Tuesday, May 4, 2010

Creating a WM8991 driver

Thought it might be interesting for people to take a peek at how we work.

As I stated in the previous blog post, it's necessary for us to figure out the WM8991 audio codec before we can call from the baseband (or listen to music). This is an interesting task because while there are datasheets for the WM8991 codec, and a Linux driver for it, those cannot be used immediately since it doesn't tell us where the inputs and outputs of the chip are connected to, and what protocol and clock divider settings the iPhone uses to talk to the chip (and must be configured on the chip). Those things are purely implementation specific.

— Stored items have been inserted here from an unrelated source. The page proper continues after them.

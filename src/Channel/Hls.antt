-- ===== src/Channel/Hls.antt =====
-- src/csm_channel.c: the passes 3 and 4 of the high level of security, `csm_channel_hls_pass3` and
-- `csm_channel_hls_pass4`.
pub mod Check
pub mod Answer
pub mod Mutual
mod Tests
use cosemlib.Base.{
  ℕ, ◌+◌, ◌-◌, ◌%◌, Bool, true, false, ◌&&◌, List, [], ◌∷◌, Option, none, some, if◌then◌else◌, leb,
  ◌==◌, length, take, get_elem?, M, pure, crash, get, put, ret, ◌>>=◌, ◌>>◌, ◌&&&◌,
}
use cosemlib.Base.Words.{u32_mod}
use cosemlib.Array
use cosemlib.Array.{Array, unread}
use cosemlib.Ber
use cosemlib.Association.{Association, Challenge, Hal}
use cosemlib.Services.{Request}
use cosemlib.Security.{
  SecResult, sec_ok, Gcm, Sealed, on_array, read_or, auth_decrypt, auth_encrypt,
}
use cosemlib.Channel.{Stack}

-- `CSM_DEF_MAX_HLS_SIZE` and `CSM_DEF_SEC_HDR_SIZE`
abbrev pub max_hls_size : ℕ
max_hls_size = 1 + 16 + 64

abbrev pub sec_hdr_size : ℕ
sec_hdr_size = 5

abbrev pub is_sec_ok : SecResult → Bool
is_sec_ok sec_ok = true
is_sec_ok _ = false

-- `channel_list[request->channel_id - 1U].asso`, through which both passes read the handshake; a channel
-- without an association is a fault.
unfoldable pub find_state : Stack → Request → Option Association
find_state stack request =
    elim (get_elem? stack.channels ((request.channel_id + u32_mod - 1) % u32_mod)) [
      | none ↦ none
      | some c ↦ elim c.asso [ none ↦ none | some i ↦ get_elem? stack.assos i ]
    ]

-- `csm_array_write_buff` of a challenge; its value has as many bytes as its object.
unfoldable pub write_challenge : Challenge → M Array Bool
write_challenge c =
    if leb c.size (length c.value) then Array.write_buff (take c.size c.value) else crash

abbrev pub window : ℕ → Array → Array
window offset a = record a { offset = offset; rd_index = 0; wr_index = 0 }

-- The packet of the third pass, in front of the tag that is in the buffer already.
unfoldable pub fake_packet : ℕ → ℕ → Challenge → M Array Bool
fake_packet sc ic stoc =
    Array.write_u8 sc >> Array.write_u32 ic >> write_challenge stoc >> Array.writer_jump 12

-- The response of the fourth pass, in front of the tag.
unfoldable pub tag_string : ℕ → ℕ → M Array Bool
tag_string sc ic =
    (Array.write_u8 9 &&& Ber.write_len 17 &&& Array.write_u8 sc &&& Array.write_u32 ic)
    &&& Array.writer_jump 12

module _ {G : Type 0} (hal : Hal) (gcm : Gcm G) (request : Request) where
  abbrev pub edit : (Array → Array) → M (Sealed G) (Unit {0})
  edit f s = ret tt (record s { array = f s.array })

  -- The third pass where the size of the tag and the room before the array are right.
  unfoldable pub check_answer : Association → ℕ → ℕ → M (Sealed G) Bool
  check_answer asso sc ic = do
    s ← get
    let offset = s.array.offset
    let front = sec_hdr_size + asso.handshake.stoc.size
    edit (window ((offset + s.array.rd_index + u32_mod - front) % u32_mod))
    on_array gcm request (fake_packet sc ic asso.handshake.stoc)
    res ← auth_decrypt gcm request asso.client_app_title hal.junk hal.junk
    edit (λ a. record a { offset = offset })
    pure (is_sec_ok res)

  abbrev pub on_state : Stack → (Association → M (Sealed G) Bool) → M (Sealed G) Bool
  on_state stack k = elim (find_state stack request) [ none ↦ crash | some asso ↦ k asso ]

  unfoldable pub sized_answer : Stack → ℕ → ℕ → M (Sealed G) Bool
  sized_answer stack sc ic s =
      if unread s.array == 12
      then (if leb max_hls_size s.array.offset
          then on_state stack (λ asso. check_answer asso sc ic) s
          else pure false s)
      else pure false s

  -- `csm_channel_hls_pass3`; where the header cannot be read, its variables are not initialised.
  unfoldable pub hls_pass3 : Stack → M (Sealed G) Bool
  hls_pass3 stack = do
    first ← on_array gcm request Array.read_u8
    counter ← on_array gcm request Array.read_u32
    sized_answer stack (read_or gcm request hal.junk first)
        (read_or gcm request hal.junk counter.value)

  -- The fourth pass where there is room before the array.
  unfoldable pub give_answer : ℕ → ℕ → Association → M (Sealed G) Bool
  give_answer sc ic asso = do
    s ← get
    let offset = s.array.offset
    let front = (asso.handshake.ctos.size + u32_mod - sec_hdr_size + u32_mod - 2) % u32_mod
    edit (λ a. record a { offset = (offset + u32_mod - front) % u32_mod })
    on_array gcm request (write_challenge asso.handshake.ctos)
    res ← auth_encrypt gcm request hal.system_title sc ic
    edit (λ a. record a { offset = offset; wr_index = 0 })
    valid ← on_array gcm request (tag_string sc ic)
    pure (is_sec_ok res && valid)

  -- `csm_channel_hls_pass4`: only the bit of authentication is set in the control byte.
  unfoldable pub hls_pass4 : Stack → M (Sealed G) Bool
  hls_pass4 stack s =
      if leb max_hls_size s.array.offset
      then on_state stack (give_answer 0x10 0x01234567) s
      else pure false s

In order to extract those settings, we need to be able to see those settings while the iPhone OS kernel is up and running and sound is playing. The chip does not use MMIO, so the register settings cannot be directly peeked at through /dev/kmem... but we're on the right track. Instead, I2C is used to communicate with the codec for setting those registers. It turns out that since some Wolfson codecs do not allow reading from the codec registers (only writing), the operating system has to "remember" what values registers are currently set to. That is, they are cached by operating system?

Where are they cached? Well, a quick look at the disassembly shows us some code that does the following (in pseudo-C)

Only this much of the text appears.